* [ABOUT THIS TASK]: From the entries that follow, copy exactly the lines beginning at the line holding "-- Policy: Policy.Types" and continuing through the line holding "-- src/ipc/unix_socket_server.cpp between".

* [RECORDS TO PROCESS]:

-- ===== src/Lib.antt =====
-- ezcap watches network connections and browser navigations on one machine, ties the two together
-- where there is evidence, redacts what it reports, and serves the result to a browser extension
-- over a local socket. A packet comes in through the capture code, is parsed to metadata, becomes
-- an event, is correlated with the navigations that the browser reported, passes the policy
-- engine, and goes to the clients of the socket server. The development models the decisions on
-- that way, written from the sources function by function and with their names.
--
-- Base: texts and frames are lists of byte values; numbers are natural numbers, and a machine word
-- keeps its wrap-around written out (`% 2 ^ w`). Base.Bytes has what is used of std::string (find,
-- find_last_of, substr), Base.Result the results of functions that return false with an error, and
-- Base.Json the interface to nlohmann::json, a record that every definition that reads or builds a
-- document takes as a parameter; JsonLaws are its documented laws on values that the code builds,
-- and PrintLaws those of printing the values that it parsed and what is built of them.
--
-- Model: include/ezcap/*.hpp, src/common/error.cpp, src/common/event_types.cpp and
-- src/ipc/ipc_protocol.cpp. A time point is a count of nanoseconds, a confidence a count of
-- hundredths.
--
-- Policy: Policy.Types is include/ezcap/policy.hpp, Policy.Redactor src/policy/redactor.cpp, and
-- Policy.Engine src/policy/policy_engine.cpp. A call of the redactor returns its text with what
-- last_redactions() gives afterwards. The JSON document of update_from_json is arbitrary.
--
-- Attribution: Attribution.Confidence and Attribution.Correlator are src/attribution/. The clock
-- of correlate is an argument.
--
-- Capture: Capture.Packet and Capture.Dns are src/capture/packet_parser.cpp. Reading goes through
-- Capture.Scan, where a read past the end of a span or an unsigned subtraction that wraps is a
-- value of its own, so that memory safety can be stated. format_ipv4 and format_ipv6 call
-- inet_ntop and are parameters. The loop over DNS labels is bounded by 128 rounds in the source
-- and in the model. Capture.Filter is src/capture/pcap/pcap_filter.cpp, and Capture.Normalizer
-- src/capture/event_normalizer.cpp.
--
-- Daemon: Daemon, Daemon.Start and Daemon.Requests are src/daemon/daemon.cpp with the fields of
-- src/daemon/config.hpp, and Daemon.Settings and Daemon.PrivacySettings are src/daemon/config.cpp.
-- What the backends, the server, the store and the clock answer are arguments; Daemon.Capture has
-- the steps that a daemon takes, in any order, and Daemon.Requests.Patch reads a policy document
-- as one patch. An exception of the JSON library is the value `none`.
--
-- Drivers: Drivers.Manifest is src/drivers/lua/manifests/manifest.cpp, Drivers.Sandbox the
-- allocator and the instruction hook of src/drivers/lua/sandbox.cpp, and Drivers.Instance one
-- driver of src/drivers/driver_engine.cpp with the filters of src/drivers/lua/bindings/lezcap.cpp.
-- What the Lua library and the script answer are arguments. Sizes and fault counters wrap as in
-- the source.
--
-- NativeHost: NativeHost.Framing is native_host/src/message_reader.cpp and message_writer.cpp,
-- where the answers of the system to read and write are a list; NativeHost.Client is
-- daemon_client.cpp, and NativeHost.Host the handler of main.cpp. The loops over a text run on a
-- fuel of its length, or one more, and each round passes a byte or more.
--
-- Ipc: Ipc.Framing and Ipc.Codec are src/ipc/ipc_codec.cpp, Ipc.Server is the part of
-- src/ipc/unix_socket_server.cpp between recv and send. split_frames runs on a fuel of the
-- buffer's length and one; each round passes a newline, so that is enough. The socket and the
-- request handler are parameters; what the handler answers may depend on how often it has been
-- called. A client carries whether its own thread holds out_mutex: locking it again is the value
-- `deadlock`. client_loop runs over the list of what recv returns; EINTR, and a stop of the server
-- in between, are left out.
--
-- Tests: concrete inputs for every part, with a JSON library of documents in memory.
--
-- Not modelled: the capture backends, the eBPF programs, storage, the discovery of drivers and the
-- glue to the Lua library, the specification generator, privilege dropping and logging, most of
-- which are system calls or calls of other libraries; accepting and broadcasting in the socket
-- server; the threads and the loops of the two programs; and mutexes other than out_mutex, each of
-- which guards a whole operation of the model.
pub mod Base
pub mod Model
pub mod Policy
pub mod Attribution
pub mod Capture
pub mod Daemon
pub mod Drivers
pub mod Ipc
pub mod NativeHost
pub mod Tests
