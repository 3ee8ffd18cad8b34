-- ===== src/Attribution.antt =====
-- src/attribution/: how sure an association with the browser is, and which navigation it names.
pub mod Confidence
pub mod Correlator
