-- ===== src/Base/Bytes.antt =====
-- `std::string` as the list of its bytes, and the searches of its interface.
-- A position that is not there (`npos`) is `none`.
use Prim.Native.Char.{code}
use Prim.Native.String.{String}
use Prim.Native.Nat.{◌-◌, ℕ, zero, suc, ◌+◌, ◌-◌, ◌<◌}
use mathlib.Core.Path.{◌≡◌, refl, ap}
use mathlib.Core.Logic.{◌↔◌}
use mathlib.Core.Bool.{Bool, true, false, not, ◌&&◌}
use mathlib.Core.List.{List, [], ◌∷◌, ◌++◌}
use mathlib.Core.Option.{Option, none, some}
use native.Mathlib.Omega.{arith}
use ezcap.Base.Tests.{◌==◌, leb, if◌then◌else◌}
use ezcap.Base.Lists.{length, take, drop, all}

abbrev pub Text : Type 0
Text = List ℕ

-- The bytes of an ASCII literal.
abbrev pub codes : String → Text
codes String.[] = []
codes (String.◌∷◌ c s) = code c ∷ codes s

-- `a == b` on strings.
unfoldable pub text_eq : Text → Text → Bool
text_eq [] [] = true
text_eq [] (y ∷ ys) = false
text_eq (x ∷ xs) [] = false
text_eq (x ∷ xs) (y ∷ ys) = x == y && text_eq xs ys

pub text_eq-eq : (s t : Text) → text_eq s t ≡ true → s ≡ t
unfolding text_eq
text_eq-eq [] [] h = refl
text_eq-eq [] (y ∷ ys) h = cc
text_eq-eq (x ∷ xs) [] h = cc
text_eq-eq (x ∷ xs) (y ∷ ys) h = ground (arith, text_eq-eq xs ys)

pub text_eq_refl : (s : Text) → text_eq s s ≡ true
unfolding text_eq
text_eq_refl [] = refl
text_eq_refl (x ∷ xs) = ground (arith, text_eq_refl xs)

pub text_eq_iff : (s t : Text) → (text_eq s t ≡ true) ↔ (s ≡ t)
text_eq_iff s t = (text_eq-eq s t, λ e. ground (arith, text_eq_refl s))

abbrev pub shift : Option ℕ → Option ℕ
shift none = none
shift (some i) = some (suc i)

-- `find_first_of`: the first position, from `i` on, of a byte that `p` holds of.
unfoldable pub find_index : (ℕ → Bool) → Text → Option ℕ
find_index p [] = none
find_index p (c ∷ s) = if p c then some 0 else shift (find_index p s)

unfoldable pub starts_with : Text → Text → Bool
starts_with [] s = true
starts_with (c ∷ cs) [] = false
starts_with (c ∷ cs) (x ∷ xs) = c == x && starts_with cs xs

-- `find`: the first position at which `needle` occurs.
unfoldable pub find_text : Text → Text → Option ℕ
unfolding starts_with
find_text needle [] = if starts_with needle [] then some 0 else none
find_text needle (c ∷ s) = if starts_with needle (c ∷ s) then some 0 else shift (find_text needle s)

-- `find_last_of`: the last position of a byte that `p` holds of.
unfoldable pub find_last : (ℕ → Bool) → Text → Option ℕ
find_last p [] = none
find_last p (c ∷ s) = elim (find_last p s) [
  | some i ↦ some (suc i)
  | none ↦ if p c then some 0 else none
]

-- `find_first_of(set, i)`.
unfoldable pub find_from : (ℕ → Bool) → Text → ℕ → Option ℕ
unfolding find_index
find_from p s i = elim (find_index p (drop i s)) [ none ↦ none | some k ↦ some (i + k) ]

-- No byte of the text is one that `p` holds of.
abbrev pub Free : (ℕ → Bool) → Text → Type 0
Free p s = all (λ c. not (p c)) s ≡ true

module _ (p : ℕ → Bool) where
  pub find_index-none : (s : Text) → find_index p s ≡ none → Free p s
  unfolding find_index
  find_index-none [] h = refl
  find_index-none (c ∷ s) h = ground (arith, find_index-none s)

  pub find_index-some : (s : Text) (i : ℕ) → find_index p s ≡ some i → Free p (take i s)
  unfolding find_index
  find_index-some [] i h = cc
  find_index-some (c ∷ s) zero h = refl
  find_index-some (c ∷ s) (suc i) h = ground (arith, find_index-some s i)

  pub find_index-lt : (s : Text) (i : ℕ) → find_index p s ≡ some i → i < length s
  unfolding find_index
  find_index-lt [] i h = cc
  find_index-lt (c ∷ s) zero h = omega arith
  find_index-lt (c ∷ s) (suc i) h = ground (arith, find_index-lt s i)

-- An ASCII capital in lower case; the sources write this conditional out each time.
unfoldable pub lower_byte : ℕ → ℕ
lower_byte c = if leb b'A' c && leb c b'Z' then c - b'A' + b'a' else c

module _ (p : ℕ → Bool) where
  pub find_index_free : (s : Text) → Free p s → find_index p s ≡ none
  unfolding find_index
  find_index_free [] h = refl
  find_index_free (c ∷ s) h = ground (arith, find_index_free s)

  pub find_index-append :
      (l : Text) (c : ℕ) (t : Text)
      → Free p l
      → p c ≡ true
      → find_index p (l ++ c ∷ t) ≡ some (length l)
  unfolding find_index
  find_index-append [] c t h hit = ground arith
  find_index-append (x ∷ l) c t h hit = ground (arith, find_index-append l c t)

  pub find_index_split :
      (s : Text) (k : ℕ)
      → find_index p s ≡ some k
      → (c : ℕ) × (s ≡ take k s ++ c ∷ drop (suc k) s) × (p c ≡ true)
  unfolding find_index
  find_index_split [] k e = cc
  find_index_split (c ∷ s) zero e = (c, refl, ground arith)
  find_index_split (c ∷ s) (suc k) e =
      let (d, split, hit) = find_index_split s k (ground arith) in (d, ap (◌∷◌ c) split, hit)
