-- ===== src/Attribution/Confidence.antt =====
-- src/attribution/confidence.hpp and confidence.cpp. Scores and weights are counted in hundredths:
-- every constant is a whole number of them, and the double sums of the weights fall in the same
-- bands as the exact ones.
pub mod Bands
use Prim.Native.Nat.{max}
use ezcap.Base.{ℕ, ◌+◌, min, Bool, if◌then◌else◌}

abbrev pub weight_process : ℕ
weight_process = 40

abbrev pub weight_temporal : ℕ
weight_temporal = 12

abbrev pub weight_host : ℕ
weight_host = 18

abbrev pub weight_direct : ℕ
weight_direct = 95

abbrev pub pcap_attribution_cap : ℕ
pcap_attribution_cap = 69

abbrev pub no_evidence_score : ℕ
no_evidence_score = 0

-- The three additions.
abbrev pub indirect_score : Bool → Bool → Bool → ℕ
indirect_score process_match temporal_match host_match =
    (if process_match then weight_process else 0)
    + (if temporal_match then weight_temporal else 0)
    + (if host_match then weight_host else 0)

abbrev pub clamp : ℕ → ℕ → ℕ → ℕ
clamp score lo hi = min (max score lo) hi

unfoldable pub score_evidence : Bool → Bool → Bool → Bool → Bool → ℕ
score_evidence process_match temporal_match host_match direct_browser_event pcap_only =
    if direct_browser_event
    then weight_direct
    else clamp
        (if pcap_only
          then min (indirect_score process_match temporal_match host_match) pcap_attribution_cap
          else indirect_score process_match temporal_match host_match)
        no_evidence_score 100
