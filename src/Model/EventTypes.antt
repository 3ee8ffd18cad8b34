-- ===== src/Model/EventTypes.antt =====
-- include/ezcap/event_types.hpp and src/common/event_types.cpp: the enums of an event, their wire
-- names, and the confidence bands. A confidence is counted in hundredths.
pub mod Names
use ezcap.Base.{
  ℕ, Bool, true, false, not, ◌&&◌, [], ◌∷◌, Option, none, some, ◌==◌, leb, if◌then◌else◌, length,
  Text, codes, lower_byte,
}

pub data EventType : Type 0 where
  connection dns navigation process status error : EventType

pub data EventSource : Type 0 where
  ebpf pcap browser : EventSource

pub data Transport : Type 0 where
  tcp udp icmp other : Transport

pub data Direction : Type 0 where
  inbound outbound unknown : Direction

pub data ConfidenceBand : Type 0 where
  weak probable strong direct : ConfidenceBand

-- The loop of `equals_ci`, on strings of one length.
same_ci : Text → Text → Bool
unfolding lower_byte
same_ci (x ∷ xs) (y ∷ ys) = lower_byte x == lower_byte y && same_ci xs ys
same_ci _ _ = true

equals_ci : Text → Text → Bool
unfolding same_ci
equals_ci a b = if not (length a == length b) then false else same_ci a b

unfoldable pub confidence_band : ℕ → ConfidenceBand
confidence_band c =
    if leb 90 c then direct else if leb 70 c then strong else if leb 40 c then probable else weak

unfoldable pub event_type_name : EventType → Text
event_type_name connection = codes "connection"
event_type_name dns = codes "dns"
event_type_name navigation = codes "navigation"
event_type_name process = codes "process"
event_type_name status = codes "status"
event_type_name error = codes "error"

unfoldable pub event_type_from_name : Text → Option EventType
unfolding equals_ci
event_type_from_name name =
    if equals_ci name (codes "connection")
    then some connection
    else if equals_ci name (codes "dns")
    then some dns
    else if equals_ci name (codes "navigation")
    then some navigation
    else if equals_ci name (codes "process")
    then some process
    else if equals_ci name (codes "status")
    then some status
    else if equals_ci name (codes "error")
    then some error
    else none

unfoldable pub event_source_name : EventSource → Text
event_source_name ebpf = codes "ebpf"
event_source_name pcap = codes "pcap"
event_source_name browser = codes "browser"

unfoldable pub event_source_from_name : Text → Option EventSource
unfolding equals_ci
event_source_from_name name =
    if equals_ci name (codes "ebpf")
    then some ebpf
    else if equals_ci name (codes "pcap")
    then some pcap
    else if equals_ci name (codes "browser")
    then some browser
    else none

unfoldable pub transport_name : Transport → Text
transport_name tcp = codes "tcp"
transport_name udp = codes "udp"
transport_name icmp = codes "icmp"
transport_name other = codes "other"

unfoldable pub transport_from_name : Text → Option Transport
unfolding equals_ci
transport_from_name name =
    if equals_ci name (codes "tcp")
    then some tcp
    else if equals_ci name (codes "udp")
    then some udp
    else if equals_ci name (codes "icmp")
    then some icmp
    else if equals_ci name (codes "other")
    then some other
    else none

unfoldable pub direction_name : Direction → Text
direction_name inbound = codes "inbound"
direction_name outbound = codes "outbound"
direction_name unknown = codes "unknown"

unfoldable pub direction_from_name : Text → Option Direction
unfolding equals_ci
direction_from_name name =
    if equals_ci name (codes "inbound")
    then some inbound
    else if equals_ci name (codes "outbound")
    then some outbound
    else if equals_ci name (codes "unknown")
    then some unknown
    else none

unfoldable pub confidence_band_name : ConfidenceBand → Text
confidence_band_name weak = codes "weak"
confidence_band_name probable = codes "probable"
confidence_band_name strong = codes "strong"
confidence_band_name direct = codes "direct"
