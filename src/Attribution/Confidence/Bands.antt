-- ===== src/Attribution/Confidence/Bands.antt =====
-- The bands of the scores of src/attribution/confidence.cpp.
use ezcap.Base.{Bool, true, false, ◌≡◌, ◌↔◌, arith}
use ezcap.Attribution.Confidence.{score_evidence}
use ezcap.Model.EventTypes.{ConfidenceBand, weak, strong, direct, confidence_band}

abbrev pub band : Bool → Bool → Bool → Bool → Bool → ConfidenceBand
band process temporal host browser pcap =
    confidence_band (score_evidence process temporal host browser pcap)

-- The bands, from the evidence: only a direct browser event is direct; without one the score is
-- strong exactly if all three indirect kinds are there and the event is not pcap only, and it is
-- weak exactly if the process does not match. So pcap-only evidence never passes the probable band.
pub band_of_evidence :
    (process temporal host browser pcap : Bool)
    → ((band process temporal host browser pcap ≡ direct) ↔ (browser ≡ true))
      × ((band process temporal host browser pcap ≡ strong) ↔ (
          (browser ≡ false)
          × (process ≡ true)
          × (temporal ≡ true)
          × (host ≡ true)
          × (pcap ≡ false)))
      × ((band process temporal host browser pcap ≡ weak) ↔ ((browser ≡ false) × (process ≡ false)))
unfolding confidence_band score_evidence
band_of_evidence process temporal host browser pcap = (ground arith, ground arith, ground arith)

* [ANSWER SECTION]:
-- Policy: Policy.Types is include/ezcap/policy.hpp, Policy.Redactor src/policy/redactor.cpp, and
-- Policy.Engine src/policy/policy_engine.cpp. A call of the redactor returns its text with what
-- last_redactions() gives afterwards. The JSON document of update_from_json is arbitrary.
--
-- Attribution: Attribution.Confidence and Attribution.Correlator are src/attribution/. The clock
-- of correlate is an argument.
--
-- Capture: Capture.Packet and Capture.Dns are src/capture/packet_parser.cpp. Reading goes through
-- Capture.Scan, where a read past the end of a span or an unsigned subtraction that wraps is a
-- value of its own, so that memory safety can be stated. format_ipv4 and format_ipv6 call
-- inet_ntop and are parameters. The loop over DNS labels is bounded by 128 rounds in the source
-- and in the model. Capture.Filter is src/capture/pcap/pcap_filter.cpp, and Capture.Normalizer
-- src/capture/event_normalizer.cpp.
--
-- Daemon: Daemon, Daemon.Start and Daemon.Requests are src/daemon/daemon.cpp with the fields of
-- src/daemon/config.hpp, and Daemon.Settings and Daemon.PrivacySettings are src/daemon/config.cpp.
-- What the backends, the server, the store and the clock answer are arguments; Daemon.Capture has
-- the steps that a daemon takes, in any order, and Daemon.Requests.Patch reads a policy document
-- as one patch. An exception of the JSON library is the value `none`.
--
-- Drivers: Drivers.Manifest is src/drivers/lua/manifests/manifest.cpp, Drivers.Sandbox the
-- allocator and the instruction hook of src/drivers/lua/sandbox.cpp, and Drivers.Instance one
-- driver of src/drivers/driver_engine.cpp with the filters of src/drivers/lua/bindings/lezcap.cpp.
-- What the Lua library and the script answer are arguments. Sizes and fault counters wrap as in
-- the source.
--
-- NativeHost: NativeHost.Framing is native_host/src/message_reader.cpp and message_writer.cpp,
-- where the answers of the system to read and write are a list; NativeHost.Client is
-- daemon_client.cpp, and NativeHost.Host the handler of main.cpp. The loops over a text run on a
-- fuel of its length, or one more, and each round passes a byte or more.
--
-- Ipc: Ipc.Framing and Ipc.Codec are src/ipc/ipc_codec.cpp, Ipc.Server is the part of
-- src/ipc/unix_socket_server.cpp between recv and send. split_frames runs on a fuel of the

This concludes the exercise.